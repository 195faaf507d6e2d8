-- ===== src/Stack.antt =====
-- crates/clash-tun/src/stack.rs, lines 163 to 260: what the packet thread of the tunnel does with
-- one IP packet of the device. The packets that it hands to `device.send` and the state of the
-- stack are results; a panic is `none`. `Instant::now()` is the argument `now` and the crate `idna`
-- the argument `idna`.
pub mod Plain
pub mod Segment
pub mod Rewrite
pub mod Session
pub mod Sized
pub mod Datagram
pub mod Answer
pub mod Accept
pub mod Named
pub mod Invariant
pub mod NoPanic
pub mod OverTcp
pub mod Tokens
pub mod Control
mod Tests
use rust_clash.Common.{
  ℕ, ◌+◌, ◌-◌, ◌%◌, ◌^◌, Bool, true, false, not, ◌&&◌, ◌||◌, Option, none, some, List, [], ◌∷◌, leb,
  ◌==◌, if◌then◌else◌, length, take, drop, slice, write, replicate, ◌>>=◌, range, copy_in,
}
use rust_clash.Net.{Ipv4Addr, SocketAddrV4, ip_beq}
use rust_clash.Text.{Str}
use rust_clash.Packet.{
  Ipv4, parse_ipv4, parse_udp, parse_tcp, set_addresses, set_total_length, set_tcp_ports, write_udp,
  update_tcp_checksum,
}
use rust_clash.TcpNat.{TcpNat, Inner, lookup_inner, lookup_back_inner, has_destination}
use rust_clash.FakeIp.{FakeIpPool, lookup_avoiding}
use rust_clash.TcpNat
use rust_clash.FakeIp
use rust_clash.Packet.Indexed.{indexed_parse_ipv4, indexed_parse_udp, indexed_parse_tcp}
use rust_clash.Dns.{build_named_a_response, build_empty_dns}
use rust_clash.Dns.Indexed.{indexed_parse_dns_query}
use rust_clash.Dns.Built.{indexed_build_named_a_response, indexed_build_empty_dns}

-- `TUN_SERVER` and `TUN_CLIENT` of crates/clash-tun/src/routes.rs.
abbrev pub tun_server : Ipv4Addr
tun_server = record { a = 172; b = 19; c = 0; d = 1 }

abbrev pub tun_client : Ipv4Addr
tun_client = record { a = 172; b = 19; c = 0; d = 2 }

-- What the packet thread and the listener share, and the port of the listener.
pub record Stack : Type 0 where
  pub nat : TcpNat
  pub fake_ip : FakeIpPool
  pub listen_port : ℕ

abbrev pub with_gate : Inner → Stack → Stack
with_gate g s = record s { nat = record s.nat { gate = g } }

-- The state that `SystemTcpStack::start` makes.
abbrev pub start : ℕ → ℕ → Stack
start timeout listen_port = record {
  nat = TcpNat.new timeout;
  fake_ip = FakeIp.new;
  listen_port = listen_port;
}

unfoldable pub is_tun_prefix : Ipv4Addr → Bool
is_tun_prefix ip = ip.a == 172 && ip.b == 19 && ip.c == 0 && leb ip.d 3

unfoldable pub is_global_unicast : Ipv4Addr → Bool
is_global_unicast ip =
    if ip.a == 0 || ip.a == 127
    then false
    else if ip.a == 169 && ip.b == 254
    then false
    else if leb 224 ip.a
    then false
    else true

-- The three calls that give a TCP packet its new ends, and the part of it that is sent.
unfoldable pub rewrite : List ℕ → Ipv4 → SocketAddrV4 → SocketAddrV4 → Option (List ℕ)
rewrite packet h src dst = do
  addressed ← set_addresses packet h.header_len src.ip dst.ip
  old ← range addressed h.header_len h.total_len
  segment ← set_tcp_ports old src.port dst.port
  let ported = write h.header_len segment addressed
  changed ← update_tcp_checksum ported h.header_len src.ip dst.ip
  range changed 0 h.total_len

-- The packet sent, if any, and the stack after it.
abbrev pub Sent : Type 0
Sent = Option (List ℕ) × Stack

-- The branch for a packet that the listener sends.
unfoldable pub send_back : ℕ → List ℕ → Ipv4 → ℕ → Stack → Option Sent
unfolding lookup_back_inner rewrite
send_back now packet h tcp_dst s =
    let (found, g) = lookup_back_inner now tcp_dst s.nat.gate in
    elim found [
      | none ↦ some (none, with_gate g s)
      | some (sess_src, sess_dst) ↦ do
        out ← rewrite packet h sess_dst sess_src
        some (some out, with_gate g s)
    ]

-- The last branch, for a packet to the outside.
unfoldable pub send_out : ℕ → List ℕ → Ipv4 → ℕ → ℕ → Stack → Option Sent
unfolding lookup_inner rewrite
send_out now packet h tcp_src tcp_dst s =
    let source : SocketAddrV4 = record { ip = h.src; port = tcp_src } in
    let dest : SocketAddrV4 = record { ip = h.dst; port = tcp_dst } in
    let (found, g) = lookup_inner now source dest s.nat.gate in
    elim found [
      | none ↦ some (none, with_gate g s)
      | some nat_port ↦ do
        out ←
            rewrite packet h (record { ip = tun_client; port = nat_port })
              (record { ip = tun_server; port = s.listen_port })
        some (some out, with_gate g s)
    ]

unfoldable pub process_tcp : ℕ → List ℕ → Ipv4 → ℕ → ℕ → Stack → Option Sent
unfolding send_back send_out is_global_unicast is_tun_prefix
process_tcp now packet h tcp_src tcp_dst s =
    if ip_beq h.src tun_server && tcp_src == s.listen_port
    then send_back now packet h tcp_dst s
    else if ip_beq h.dst tun_server && tcp_dst == s.listen_port
    then some (none, s)
    else if not (is_global_unicast h.dst) || is_tun_prefix h.dst
    then some (none, s)
    else send_out now packet h tcp_src tcp_dst s

-- The packet that carries an answer from port 53 of `dst` to the port `src_port` of `src`.
unfoldable pub wrap_answer : Ipv4Addr → Ipv4Addr → ℕ → List ℕ → Option (List ℕ)
wrap_answer src dst src_port answer = do
  let total = 20 + 8 + length answer
  version ← copy_in 0 (0x45 ∷ []) (replicate total 0)
  lasting ← copy_in 8 (64 ∷ []) version
  blank ← copy_in 9 (17 ∷ []) lasting
  addressed ← set_addresses blank 20 dst src
  sized ← set_total_length addressed (total % 2 ^ 16)
  body ← range sized 20 (length sized)
  datagram ← write_udp body 53 src_port answer dst src
  range (write 20 datagram sized) 0 total

module _ (idna : Str → Option Str) where
  -- The answer to a query, and the pool after it: handle_dns and handle_dns_tcp make it alike.
  unfoldable pub answer_query : ℕ × Str × ℕ → Stack → List ℕ × Stack
  unfolding lookup_avoiding build_named_a_response build_empty_dns
  answer_query (id, qname, qtype) s =
      let (fake, pool) = lookup_avoiding idna (λ ip. has_destination ip s.nat) qname s.fake_ip in
      if qtype == 1
      then (build_named_a_response idna id qname fake, record s { fake_ip = pool })
      else (build_empty_dns idna id qname qtype, s)

  -- And with the indexes of the functions that build the answer checked.
  unfoldable pub indexed_answer_query : ℕ × Str × ℕ → Stack → Option (List ℕ × Stack)
  unfolding lookup_avoiding
  indexed_answer_query (id, qname, qtype) s =
      let (fake, pool) = lookup_avoiding idna (λ ip. has_destination ip s.nat) qname s.fake_ip in
      if qtype == 1
      then (do
        answer ← indexed_build_named_a_response idna id qname fake
        some (answer, record s { fake_ip = pool }))
      else (do answer ← indexed_build_empty_dns idna id qname qtype; some (answer, s))

  unfoldable pub handle_dns : Ipv4Addr → Ipv4Addr → ℕ → List ℕ → Stack → Option Sent
  unfolding indexed_answer_query wrap_answer
  handle_dns src dst src_port payload s = do
    parsed ← indexed_parse_dns_query payload
    elim parsed [
      | none ↦ some (none, s)
      | some query ↦ (do
        (answer, s') ← indexed_answer_query query s
        out ← wrap_answer src dst src_port answer
        some (some out, s'))
    ]

  unfoldable pub process_packet : ℕ → List ℕ → Stack → Option Sent
  unfolding handle_dns process_tcp
  process_packet now packet s = do
    parsed ← indexed_parse_ipv4 packet
    elim parsed [
      | none ↦ some (none, s)
      | some h ↦
          if h.proto == 17
          then (do
            udp ← range packet h.header_len h.total_len
            ports ← indexed_parse_udp udp
            elim ports [
              | none ↦ some (none, s)
              | some (src_port, dst_port, payload_len) ↦
                  if dst_port == 53
                  then (do
                    payload ← range udp 8 (8 + payload_len)
                    handle_dns h.src h.dst src_port payload s)
                  else some (none, s)
            ])
          else if not (h.proto == 6)
          then some (none, s)
          else (do
            tcp ← range packet h.header_len h.total_len
            ports ← indexed_parse_tcp tcp
            elim ports [
              | none ↦ some (none, s)
              | some (tcp_src, tcp_dst, flags, offset) ↦ process_tcp now packet h tcp_src tcp_dst s
            ])
    ]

==============================

• _Required action_
Which of the lines above include the string "record"? Pick them out and copy them.

• _Answer for the task_
tun_server = record { a = 172; b = 19; c = 0; d = 1 }
tun_client = record { a = 172; b = 19; c = 0; d = 2 }
pub record Stack : Type 0 where
with_gate g s = record s { nat = record s.nat { gate = g } }
start timeout listen_port = record {
    let source : SocketAddrV4 = record { ip = h.src; port = tcp_src } in
    let dest : SocketAddrV4 = record { ip = h.dst; port = tcp_dst } in
            rewrite packet h (record { ip = tun_client; port = nat_port })
              (record { ip = tun_server; port = s.listen_port })
      then (build_named_a_response idna id qname fake, record s { fake_ip = pool })
        some (answer, record s { fake_ip = pool }))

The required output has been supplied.